Segment Open
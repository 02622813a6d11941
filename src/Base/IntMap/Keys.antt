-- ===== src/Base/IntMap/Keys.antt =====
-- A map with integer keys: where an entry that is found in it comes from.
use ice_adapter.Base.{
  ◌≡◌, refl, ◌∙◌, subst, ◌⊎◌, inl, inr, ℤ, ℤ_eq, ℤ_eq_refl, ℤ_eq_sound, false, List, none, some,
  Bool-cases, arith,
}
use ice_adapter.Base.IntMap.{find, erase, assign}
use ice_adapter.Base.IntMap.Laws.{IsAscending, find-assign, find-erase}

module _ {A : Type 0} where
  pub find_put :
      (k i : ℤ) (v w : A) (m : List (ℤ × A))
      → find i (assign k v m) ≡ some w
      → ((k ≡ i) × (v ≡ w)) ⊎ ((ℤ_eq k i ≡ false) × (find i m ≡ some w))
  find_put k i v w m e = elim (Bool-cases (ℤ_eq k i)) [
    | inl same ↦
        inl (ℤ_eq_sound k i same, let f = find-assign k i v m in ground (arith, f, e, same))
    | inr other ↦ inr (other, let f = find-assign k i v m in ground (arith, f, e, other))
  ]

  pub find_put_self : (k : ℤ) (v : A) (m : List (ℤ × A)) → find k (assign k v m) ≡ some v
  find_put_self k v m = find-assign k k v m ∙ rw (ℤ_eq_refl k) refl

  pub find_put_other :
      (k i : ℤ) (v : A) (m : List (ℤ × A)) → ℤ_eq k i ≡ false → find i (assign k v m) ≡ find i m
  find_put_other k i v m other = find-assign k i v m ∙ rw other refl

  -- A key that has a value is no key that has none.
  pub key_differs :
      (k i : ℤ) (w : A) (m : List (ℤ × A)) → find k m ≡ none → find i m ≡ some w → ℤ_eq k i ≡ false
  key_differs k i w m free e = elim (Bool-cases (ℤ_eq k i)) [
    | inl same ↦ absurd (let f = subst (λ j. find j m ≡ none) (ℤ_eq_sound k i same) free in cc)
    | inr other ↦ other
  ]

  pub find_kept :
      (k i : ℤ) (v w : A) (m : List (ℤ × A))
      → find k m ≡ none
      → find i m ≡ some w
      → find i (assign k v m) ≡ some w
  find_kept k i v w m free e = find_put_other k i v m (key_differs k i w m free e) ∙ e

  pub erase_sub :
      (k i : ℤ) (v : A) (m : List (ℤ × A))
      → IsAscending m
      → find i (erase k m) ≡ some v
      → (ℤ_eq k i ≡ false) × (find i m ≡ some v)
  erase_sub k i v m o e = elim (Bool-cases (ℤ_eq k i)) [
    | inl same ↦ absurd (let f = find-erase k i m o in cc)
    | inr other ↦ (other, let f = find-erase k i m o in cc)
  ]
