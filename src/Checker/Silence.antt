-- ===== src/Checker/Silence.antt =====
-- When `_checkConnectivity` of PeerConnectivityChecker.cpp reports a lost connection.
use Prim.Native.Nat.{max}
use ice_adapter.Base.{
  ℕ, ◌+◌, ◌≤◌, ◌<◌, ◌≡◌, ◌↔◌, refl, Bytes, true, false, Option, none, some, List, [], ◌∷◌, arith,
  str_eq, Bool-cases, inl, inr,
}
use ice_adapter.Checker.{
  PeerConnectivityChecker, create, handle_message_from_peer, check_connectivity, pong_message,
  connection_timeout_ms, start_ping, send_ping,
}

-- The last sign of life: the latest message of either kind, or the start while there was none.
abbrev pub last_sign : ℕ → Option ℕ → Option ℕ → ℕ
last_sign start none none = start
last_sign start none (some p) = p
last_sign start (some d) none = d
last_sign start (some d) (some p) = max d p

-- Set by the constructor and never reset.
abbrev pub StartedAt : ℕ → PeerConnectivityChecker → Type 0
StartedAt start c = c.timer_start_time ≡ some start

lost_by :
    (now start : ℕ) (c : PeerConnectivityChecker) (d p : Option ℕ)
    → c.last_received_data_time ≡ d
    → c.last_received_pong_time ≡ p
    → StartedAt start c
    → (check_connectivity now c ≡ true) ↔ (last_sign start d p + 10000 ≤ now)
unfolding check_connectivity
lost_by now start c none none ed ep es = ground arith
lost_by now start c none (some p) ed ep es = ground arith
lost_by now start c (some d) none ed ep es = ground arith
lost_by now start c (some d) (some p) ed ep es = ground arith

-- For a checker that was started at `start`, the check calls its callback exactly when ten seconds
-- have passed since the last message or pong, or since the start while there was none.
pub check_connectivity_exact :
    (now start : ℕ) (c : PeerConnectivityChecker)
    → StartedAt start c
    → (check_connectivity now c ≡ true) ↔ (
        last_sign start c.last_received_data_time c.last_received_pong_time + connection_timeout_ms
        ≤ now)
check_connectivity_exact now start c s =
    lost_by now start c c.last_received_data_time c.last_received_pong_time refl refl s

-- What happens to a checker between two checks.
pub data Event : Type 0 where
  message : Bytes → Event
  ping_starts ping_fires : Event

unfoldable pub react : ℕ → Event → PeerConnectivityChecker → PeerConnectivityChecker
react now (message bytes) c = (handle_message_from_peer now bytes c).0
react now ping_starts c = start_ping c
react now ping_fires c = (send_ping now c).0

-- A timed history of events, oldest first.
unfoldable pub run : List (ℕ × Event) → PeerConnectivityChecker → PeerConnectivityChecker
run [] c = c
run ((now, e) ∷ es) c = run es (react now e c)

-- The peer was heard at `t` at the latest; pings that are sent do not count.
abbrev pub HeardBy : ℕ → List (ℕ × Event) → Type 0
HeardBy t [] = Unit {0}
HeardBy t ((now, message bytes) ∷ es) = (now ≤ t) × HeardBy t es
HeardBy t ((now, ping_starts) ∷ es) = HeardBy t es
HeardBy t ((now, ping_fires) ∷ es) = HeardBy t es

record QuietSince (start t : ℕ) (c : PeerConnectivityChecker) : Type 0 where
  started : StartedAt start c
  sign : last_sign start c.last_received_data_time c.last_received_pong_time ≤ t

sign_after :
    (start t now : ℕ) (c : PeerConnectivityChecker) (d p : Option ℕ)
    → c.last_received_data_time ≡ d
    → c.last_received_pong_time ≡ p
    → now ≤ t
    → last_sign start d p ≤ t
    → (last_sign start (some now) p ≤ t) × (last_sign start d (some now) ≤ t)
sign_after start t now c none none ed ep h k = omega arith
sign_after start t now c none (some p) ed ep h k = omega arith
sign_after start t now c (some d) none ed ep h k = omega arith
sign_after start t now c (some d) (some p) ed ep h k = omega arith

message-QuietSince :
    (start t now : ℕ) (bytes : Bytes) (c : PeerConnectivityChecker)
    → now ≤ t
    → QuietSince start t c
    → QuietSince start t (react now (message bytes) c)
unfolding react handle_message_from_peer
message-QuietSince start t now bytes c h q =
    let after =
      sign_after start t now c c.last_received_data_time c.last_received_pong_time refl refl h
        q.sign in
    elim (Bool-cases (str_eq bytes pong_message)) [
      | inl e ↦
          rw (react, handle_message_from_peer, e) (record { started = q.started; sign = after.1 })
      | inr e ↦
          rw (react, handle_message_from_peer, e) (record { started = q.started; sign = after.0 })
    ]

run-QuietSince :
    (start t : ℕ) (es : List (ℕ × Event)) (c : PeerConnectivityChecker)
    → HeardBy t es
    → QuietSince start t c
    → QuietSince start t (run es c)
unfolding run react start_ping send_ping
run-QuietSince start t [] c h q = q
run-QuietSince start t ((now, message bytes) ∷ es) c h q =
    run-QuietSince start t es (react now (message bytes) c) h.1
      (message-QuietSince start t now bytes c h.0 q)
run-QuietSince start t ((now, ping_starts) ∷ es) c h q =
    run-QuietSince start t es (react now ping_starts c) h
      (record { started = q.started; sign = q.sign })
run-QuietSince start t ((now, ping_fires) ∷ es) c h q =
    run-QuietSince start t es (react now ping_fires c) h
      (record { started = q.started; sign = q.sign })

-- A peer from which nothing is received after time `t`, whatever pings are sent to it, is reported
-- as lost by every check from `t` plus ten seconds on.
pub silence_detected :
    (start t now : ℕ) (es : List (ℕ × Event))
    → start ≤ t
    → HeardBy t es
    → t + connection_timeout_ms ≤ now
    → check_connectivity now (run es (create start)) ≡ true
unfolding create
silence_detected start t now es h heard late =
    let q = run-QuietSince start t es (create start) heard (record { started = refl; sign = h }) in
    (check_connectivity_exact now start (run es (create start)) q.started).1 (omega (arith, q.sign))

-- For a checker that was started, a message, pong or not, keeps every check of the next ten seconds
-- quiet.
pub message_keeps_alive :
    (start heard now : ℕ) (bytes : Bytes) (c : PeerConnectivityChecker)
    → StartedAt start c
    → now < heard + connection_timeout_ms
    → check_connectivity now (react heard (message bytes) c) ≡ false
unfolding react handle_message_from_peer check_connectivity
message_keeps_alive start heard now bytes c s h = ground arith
Segment Closed
Segment Open
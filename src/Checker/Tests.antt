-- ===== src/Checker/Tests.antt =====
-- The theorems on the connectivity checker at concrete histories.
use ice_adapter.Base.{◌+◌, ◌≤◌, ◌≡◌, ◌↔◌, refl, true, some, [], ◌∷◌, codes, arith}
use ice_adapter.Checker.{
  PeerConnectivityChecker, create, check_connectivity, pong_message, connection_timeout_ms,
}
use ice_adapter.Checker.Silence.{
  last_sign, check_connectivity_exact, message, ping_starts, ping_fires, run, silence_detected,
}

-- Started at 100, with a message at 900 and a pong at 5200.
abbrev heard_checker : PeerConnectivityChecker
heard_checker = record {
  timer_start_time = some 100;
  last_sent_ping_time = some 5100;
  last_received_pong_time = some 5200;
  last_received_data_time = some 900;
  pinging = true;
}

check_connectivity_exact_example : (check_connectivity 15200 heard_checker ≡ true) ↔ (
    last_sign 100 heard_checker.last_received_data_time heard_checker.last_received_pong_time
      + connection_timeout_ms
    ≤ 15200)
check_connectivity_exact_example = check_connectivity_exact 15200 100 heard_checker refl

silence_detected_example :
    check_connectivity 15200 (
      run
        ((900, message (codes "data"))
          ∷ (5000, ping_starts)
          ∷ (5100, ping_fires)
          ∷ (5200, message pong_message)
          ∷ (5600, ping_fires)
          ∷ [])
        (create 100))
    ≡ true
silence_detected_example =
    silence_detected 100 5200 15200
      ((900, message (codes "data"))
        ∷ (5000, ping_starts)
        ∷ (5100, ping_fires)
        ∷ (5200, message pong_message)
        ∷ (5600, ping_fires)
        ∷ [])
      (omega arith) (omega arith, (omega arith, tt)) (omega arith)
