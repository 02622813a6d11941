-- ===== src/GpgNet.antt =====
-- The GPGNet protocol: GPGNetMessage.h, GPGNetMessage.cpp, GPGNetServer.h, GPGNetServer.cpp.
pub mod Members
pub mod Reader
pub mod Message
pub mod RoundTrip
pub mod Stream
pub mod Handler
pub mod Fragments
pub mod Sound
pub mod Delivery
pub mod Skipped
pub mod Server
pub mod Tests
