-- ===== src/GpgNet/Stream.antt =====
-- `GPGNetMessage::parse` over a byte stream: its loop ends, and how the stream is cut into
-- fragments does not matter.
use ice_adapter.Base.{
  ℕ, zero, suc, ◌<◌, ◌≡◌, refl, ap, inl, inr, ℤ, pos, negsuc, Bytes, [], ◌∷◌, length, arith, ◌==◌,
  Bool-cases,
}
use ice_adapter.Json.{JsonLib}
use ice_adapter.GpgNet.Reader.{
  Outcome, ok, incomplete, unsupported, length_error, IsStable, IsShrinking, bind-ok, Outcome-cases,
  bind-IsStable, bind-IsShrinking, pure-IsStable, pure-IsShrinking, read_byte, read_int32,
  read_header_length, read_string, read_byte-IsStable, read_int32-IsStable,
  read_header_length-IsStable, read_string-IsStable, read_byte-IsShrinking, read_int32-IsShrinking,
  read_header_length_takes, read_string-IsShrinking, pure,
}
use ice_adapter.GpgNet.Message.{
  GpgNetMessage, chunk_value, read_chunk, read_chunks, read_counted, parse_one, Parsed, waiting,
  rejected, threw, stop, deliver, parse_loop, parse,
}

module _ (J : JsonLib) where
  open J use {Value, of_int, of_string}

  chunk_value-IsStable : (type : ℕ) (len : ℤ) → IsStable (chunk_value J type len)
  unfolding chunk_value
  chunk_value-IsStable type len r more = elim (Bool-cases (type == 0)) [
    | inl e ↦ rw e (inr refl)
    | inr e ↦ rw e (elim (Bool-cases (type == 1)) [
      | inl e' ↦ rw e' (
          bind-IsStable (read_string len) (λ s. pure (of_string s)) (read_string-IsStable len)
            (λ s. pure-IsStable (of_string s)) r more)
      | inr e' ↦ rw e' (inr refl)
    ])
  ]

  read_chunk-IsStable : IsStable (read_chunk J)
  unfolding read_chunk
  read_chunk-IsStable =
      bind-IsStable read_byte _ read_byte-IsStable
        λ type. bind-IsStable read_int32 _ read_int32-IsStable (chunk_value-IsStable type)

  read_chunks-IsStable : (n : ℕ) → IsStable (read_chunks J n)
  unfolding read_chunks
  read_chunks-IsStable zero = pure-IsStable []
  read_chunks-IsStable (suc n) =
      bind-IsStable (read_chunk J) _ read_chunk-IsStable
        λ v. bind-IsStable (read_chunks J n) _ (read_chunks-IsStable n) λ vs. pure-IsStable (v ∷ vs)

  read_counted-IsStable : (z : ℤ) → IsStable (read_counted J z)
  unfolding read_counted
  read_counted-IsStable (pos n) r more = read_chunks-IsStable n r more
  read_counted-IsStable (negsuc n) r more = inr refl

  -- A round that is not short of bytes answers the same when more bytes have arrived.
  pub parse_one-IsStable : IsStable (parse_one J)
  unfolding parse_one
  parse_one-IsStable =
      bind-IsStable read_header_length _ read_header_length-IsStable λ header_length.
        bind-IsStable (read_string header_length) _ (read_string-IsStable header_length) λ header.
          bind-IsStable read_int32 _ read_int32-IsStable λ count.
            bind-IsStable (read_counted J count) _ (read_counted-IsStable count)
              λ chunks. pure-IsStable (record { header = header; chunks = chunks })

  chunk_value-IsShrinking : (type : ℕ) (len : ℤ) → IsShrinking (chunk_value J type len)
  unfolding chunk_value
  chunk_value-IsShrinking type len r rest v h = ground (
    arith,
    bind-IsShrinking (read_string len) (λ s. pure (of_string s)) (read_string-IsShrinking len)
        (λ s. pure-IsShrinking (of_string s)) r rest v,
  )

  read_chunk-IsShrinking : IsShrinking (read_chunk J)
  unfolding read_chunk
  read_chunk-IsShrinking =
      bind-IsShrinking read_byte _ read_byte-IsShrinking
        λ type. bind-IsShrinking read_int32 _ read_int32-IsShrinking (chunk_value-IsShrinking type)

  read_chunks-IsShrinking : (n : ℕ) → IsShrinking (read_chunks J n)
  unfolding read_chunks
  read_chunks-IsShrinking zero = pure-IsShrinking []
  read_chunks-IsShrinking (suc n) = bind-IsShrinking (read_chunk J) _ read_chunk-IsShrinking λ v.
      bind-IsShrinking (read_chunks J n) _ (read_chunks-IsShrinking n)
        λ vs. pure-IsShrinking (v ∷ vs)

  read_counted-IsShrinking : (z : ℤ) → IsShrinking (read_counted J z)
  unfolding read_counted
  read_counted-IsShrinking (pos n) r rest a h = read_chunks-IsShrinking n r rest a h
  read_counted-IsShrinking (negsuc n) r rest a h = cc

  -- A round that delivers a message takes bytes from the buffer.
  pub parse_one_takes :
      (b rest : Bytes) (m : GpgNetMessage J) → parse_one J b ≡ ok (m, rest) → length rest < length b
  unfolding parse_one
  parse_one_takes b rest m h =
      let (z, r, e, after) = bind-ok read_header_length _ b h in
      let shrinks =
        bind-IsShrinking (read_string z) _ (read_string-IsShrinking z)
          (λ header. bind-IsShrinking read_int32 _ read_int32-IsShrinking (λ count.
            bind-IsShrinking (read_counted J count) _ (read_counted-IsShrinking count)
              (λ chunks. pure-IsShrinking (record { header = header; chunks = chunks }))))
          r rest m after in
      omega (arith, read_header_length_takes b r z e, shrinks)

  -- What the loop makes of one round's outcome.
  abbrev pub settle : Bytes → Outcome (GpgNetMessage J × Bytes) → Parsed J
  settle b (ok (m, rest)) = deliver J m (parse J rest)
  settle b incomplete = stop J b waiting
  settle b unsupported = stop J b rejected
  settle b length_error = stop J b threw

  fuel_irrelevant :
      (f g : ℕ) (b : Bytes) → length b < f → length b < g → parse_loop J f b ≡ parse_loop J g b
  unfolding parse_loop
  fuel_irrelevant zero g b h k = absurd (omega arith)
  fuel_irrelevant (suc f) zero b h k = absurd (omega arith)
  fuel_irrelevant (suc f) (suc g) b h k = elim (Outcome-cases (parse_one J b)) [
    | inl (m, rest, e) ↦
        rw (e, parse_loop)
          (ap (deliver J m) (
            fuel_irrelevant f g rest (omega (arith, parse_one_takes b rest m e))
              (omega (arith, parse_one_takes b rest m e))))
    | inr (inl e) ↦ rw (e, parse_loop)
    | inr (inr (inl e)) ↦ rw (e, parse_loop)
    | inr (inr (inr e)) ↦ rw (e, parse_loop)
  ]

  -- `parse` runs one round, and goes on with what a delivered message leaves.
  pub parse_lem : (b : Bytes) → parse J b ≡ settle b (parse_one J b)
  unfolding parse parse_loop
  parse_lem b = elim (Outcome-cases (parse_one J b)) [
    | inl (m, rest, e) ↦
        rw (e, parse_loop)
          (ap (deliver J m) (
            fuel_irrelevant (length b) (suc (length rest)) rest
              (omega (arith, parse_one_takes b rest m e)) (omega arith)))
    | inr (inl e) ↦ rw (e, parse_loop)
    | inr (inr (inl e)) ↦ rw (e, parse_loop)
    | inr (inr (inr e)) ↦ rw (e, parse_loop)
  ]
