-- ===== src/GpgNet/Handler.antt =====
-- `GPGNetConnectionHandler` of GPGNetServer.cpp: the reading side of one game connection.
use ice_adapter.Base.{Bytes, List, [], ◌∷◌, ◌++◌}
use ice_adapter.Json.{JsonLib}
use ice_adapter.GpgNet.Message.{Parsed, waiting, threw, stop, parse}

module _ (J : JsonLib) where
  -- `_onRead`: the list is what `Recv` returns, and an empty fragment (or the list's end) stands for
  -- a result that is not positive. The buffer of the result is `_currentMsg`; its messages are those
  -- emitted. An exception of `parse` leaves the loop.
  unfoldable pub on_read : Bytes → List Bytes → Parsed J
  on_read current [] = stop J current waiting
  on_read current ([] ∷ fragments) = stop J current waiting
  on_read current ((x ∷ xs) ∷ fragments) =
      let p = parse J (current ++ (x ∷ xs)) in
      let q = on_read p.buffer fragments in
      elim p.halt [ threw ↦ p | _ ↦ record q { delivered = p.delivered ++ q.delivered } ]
Segment Closed
Segment Open
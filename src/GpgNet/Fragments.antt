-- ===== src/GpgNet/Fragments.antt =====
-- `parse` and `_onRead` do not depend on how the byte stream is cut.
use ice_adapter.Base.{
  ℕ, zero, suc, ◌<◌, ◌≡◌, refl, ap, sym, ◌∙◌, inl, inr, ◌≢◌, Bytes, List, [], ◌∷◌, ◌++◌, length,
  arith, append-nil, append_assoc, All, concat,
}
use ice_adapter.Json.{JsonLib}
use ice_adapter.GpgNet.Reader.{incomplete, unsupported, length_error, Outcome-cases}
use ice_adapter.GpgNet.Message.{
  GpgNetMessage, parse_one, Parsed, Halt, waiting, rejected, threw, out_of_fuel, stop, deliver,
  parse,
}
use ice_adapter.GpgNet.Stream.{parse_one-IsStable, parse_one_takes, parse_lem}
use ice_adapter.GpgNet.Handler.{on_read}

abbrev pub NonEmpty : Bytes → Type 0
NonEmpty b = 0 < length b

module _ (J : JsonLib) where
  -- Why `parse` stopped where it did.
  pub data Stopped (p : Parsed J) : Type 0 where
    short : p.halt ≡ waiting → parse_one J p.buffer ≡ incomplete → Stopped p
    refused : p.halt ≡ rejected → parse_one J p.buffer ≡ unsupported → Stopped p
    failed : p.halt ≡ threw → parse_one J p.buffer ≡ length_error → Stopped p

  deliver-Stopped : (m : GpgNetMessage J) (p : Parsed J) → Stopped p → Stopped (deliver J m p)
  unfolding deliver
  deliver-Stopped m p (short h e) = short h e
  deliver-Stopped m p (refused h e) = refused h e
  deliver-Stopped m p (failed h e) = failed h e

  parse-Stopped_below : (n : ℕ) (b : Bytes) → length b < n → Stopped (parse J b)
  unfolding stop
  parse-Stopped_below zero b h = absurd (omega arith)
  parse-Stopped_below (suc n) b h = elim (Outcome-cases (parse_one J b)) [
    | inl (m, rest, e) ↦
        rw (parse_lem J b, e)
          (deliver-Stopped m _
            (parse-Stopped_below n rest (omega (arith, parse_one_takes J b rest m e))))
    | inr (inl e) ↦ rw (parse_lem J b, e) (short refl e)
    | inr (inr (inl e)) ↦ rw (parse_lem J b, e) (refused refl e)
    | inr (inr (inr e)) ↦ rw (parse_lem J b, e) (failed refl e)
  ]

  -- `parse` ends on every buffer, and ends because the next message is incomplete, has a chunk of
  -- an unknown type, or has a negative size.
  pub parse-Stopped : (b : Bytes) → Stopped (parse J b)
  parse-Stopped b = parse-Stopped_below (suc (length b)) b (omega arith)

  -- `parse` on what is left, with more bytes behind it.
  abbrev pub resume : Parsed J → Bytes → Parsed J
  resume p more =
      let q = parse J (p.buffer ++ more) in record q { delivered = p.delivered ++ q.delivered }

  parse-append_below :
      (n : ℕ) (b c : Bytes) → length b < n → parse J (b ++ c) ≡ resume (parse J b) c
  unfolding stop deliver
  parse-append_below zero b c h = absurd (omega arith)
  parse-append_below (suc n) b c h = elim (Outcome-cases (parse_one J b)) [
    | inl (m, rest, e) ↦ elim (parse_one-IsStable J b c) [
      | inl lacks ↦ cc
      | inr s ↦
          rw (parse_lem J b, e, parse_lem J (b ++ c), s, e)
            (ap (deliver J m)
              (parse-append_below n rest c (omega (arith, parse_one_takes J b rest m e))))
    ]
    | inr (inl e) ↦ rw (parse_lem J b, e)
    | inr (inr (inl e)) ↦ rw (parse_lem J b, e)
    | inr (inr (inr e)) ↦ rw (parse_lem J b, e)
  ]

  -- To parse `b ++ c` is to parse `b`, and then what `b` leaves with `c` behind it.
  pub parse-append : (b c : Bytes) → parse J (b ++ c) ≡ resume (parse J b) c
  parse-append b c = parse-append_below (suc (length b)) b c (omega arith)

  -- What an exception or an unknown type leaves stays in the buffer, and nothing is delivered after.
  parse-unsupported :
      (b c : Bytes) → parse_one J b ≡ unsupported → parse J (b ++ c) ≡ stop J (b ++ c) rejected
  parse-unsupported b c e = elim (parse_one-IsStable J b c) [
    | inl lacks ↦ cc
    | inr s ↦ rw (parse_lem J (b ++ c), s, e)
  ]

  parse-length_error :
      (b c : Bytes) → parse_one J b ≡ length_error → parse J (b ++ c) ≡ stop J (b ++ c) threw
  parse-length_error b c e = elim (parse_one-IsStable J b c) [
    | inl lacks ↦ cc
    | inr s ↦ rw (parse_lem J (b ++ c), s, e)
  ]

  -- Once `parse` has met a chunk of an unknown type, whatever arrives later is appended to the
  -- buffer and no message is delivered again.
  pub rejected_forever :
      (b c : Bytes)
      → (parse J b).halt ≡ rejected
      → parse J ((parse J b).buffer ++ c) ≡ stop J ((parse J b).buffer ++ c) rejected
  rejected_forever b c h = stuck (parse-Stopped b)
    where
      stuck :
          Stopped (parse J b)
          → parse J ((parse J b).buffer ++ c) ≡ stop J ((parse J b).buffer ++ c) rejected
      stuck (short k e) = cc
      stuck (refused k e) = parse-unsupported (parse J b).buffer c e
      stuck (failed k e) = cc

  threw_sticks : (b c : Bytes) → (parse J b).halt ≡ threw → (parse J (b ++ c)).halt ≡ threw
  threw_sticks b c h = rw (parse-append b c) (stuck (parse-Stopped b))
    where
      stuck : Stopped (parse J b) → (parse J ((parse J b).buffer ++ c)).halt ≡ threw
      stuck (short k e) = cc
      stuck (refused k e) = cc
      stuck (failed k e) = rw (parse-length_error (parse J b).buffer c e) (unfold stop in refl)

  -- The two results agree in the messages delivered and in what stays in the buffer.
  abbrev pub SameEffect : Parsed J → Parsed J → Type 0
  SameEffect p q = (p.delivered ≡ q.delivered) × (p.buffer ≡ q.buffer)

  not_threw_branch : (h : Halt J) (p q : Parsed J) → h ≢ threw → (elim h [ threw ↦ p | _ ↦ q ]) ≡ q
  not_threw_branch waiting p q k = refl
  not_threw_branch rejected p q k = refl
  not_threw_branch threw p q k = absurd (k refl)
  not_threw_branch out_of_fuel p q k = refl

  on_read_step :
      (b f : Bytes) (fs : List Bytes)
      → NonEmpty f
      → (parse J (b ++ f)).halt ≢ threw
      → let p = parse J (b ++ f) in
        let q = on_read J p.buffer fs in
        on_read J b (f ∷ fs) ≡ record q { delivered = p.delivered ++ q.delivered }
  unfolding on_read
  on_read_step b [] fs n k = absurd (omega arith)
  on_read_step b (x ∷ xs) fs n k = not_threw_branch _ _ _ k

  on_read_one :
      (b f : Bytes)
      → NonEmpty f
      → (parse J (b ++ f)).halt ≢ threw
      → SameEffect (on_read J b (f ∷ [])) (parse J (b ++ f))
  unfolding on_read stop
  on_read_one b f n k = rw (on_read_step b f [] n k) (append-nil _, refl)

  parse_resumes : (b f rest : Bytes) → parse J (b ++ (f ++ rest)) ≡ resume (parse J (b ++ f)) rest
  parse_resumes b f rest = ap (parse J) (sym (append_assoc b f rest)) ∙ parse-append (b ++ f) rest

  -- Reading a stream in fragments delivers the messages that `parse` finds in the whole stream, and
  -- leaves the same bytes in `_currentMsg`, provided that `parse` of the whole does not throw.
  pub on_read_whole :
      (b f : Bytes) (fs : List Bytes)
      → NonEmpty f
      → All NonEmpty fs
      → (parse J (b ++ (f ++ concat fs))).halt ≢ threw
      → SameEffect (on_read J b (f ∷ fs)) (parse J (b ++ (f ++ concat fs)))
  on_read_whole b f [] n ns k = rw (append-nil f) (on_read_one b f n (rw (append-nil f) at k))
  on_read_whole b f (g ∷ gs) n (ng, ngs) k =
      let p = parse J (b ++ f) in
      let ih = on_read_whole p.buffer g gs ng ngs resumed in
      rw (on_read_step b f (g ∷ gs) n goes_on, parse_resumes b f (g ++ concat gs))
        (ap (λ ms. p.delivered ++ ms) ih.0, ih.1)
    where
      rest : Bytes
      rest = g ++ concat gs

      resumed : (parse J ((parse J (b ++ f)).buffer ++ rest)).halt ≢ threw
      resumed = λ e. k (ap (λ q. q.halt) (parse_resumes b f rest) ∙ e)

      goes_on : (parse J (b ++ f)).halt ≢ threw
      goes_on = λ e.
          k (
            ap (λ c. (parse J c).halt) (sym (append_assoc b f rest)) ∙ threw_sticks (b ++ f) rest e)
Segment Closed
- _PROMPT_
All lines in the listing above that contain "every" should be shown.

- _WRITTEN SOLUTION_
-- as lost by every check from `t` plus ten seconds on.
-- For a checker that was started, a message, pong or not, keeps every check of the next ten seconds
  -- `parse` ends on every buffer, and ends because the next message is incomplete, has a chunk of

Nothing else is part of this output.